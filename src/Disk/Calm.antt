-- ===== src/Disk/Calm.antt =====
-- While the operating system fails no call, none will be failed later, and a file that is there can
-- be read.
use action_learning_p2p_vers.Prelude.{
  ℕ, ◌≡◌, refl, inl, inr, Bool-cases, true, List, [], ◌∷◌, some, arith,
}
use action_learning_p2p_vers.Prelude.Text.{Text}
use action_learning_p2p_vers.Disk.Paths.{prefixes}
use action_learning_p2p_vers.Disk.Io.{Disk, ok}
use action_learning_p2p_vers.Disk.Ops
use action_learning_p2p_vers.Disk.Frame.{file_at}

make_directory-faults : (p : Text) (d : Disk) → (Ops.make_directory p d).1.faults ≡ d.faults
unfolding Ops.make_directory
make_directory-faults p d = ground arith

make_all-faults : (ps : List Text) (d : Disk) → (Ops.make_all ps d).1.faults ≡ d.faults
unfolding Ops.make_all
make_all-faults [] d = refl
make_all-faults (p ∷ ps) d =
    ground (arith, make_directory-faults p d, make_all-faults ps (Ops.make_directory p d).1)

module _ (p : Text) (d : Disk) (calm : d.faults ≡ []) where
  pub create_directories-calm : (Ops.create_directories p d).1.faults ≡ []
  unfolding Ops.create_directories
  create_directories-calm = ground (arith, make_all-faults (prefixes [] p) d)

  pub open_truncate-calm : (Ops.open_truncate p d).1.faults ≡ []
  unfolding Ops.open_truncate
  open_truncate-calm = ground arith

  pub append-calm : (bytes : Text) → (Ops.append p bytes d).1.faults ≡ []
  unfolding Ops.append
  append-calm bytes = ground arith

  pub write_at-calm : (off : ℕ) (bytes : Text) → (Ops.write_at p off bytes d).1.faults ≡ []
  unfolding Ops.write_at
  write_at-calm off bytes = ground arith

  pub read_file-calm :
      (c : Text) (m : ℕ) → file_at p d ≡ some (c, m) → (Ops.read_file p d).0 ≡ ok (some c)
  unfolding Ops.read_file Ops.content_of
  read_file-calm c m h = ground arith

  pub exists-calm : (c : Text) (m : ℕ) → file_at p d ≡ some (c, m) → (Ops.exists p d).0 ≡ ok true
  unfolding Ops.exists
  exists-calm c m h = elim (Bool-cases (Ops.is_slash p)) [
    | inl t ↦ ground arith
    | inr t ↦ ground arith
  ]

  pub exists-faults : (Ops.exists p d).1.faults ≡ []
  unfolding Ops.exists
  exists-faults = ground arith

* * *

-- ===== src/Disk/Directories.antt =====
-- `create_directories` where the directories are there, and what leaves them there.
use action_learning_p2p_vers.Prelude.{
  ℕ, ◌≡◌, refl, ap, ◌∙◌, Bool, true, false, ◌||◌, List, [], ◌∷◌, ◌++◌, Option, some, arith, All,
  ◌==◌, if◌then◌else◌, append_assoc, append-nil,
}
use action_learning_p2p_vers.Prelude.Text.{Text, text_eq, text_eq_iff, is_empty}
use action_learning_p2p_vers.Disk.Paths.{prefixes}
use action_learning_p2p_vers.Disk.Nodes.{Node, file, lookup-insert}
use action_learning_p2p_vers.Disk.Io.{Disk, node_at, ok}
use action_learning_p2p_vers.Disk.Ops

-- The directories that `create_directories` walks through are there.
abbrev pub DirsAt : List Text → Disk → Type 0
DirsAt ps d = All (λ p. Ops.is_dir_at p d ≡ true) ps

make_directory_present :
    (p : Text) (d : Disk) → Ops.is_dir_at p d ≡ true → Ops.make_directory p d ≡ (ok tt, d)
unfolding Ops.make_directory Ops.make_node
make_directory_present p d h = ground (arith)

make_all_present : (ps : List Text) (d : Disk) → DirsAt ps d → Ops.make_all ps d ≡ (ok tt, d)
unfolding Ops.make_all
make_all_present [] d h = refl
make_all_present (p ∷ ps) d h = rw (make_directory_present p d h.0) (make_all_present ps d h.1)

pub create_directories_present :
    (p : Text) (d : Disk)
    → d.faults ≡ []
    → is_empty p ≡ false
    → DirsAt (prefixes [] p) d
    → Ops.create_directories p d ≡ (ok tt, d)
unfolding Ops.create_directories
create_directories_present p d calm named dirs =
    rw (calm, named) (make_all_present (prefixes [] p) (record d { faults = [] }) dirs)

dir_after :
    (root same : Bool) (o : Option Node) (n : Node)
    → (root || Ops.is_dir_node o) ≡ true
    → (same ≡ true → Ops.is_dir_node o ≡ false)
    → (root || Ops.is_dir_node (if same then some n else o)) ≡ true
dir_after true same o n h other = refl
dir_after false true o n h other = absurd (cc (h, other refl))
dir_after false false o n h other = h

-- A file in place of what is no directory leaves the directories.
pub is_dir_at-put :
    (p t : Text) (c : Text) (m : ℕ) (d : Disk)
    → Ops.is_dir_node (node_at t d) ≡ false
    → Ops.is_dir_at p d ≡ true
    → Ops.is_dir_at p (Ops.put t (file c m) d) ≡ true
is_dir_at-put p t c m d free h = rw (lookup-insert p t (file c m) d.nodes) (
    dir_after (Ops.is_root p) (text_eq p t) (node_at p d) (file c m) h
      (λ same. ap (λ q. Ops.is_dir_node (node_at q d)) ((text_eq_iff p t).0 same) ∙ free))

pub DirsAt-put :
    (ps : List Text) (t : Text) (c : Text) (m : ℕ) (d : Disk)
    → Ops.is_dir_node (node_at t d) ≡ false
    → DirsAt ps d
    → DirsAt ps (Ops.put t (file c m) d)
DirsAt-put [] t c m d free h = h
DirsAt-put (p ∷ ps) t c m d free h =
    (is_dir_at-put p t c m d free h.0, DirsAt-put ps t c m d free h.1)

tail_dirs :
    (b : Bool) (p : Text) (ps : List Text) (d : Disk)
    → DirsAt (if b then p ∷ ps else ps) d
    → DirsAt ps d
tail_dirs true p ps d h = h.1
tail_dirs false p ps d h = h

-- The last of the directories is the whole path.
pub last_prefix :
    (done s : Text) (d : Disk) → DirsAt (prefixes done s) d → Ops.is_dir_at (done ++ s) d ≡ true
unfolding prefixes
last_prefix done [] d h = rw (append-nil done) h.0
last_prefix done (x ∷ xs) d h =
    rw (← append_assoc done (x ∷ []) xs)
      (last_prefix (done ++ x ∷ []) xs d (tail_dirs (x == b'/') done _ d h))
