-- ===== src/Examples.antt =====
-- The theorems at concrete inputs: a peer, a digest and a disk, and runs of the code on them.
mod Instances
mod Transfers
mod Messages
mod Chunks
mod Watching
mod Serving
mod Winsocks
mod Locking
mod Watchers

§ Task
Across all the entries, count the lines that contain the word "them" and give the number by itself.

§ Output for this exercise
2